Every line below that includes "Session" counts toward the total. Report that total alone.

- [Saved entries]

===

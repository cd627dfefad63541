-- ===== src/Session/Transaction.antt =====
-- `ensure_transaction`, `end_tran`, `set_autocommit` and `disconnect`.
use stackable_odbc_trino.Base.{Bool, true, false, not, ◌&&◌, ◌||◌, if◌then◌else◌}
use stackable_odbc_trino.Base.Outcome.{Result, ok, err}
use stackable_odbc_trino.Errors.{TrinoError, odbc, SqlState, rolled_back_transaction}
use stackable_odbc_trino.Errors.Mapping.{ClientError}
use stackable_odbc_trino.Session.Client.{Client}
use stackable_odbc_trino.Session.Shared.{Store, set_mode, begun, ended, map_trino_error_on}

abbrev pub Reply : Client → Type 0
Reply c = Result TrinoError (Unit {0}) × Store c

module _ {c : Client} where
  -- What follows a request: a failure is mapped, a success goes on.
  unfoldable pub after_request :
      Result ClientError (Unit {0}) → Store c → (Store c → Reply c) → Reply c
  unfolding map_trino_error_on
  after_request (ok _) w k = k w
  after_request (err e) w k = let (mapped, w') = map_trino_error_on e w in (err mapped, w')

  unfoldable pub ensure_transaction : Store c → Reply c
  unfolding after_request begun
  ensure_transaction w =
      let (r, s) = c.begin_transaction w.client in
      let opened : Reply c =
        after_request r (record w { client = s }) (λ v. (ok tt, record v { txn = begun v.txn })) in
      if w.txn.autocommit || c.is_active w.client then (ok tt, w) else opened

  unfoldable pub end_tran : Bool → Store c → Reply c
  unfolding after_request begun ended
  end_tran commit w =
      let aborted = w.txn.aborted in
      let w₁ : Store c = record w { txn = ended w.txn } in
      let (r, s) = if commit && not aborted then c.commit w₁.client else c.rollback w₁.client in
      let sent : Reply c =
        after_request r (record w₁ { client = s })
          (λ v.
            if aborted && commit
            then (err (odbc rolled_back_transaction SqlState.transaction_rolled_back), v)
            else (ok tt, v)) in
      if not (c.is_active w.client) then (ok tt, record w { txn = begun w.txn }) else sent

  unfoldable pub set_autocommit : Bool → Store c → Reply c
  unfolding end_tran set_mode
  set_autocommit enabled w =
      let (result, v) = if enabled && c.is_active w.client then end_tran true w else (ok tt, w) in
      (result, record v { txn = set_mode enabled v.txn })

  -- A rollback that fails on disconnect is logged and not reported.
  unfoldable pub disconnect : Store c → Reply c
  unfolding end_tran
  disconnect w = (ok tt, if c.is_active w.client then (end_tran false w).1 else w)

===

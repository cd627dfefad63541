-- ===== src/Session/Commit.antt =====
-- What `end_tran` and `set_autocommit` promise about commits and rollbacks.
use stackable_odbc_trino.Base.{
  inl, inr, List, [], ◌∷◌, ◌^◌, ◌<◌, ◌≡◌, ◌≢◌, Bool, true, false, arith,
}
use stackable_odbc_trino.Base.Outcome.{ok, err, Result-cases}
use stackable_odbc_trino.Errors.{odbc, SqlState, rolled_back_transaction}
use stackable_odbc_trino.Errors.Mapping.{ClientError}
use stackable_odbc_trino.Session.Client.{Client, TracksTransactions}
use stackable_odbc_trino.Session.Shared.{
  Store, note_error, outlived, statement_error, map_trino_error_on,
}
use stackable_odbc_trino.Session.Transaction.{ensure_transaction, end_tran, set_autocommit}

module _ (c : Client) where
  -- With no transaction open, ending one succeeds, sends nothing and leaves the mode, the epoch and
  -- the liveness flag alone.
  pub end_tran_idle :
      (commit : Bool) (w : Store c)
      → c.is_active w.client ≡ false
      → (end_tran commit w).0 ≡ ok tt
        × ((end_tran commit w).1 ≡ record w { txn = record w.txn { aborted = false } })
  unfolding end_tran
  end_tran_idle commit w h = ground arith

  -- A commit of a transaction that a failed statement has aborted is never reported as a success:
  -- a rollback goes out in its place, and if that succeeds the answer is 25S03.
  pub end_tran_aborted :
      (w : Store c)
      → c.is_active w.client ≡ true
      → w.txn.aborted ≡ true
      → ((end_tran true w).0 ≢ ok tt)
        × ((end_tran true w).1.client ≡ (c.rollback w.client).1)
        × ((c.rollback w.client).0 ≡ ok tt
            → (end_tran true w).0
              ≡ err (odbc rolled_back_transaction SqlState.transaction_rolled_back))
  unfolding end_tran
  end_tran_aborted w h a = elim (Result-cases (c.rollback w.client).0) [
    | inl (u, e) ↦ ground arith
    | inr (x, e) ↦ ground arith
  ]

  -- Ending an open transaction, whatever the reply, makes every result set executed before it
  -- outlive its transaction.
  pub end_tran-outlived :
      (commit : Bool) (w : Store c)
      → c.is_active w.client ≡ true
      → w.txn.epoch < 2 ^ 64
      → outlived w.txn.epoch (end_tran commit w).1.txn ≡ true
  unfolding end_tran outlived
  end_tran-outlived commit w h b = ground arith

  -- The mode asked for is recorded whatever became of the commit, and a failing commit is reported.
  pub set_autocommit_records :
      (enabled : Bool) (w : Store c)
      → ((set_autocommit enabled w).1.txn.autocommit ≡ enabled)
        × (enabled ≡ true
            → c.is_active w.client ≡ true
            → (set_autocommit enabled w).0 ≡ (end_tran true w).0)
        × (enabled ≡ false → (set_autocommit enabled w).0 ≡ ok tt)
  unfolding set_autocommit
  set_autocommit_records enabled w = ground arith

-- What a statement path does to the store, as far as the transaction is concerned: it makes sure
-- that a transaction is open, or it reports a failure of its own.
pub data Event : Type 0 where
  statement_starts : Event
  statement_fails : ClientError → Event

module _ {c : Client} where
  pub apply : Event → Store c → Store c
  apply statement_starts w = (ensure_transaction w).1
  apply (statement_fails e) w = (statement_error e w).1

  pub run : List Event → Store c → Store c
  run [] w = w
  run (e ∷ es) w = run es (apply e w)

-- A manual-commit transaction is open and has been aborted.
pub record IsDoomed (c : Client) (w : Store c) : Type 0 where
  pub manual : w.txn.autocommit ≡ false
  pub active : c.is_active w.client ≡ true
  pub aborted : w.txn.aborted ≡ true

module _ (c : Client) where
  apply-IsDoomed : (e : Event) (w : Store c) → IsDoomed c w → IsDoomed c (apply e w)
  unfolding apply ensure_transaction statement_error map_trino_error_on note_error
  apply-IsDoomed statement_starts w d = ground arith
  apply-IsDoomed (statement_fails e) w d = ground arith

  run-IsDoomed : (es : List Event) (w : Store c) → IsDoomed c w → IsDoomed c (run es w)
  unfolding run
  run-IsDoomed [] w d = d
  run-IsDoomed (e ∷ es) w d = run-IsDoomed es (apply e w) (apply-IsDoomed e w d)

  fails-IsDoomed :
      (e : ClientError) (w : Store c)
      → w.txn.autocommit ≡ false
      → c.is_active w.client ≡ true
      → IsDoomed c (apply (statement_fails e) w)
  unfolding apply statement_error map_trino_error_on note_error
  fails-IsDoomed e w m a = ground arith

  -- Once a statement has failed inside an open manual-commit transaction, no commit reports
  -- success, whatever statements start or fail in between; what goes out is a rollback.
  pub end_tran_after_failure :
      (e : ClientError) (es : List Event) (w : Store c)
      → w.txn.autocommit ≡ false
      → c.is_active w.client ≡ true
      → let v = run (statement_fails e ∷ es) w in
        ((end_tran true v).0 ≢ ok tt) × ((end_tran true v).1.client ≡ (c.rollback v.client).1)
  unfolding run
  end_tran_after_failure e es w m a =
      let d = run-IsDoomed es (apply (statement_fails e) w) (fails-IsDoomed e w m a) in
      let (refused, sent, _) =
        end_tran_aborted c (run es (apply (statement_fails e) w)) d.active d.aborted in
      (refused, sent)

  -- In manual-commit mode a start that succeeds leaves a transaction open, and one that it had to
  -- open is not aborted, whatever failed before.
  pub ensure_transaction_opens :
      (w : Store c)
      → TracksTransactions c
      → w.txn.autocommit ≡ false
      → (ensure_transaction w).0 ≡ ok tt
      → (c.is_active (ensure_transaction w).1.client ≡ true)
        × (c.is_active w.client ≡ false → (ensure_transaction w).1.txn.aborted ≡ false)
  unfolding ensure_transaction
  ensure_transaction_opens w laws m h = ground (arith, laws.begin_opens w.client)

===

- [Output of the task] 7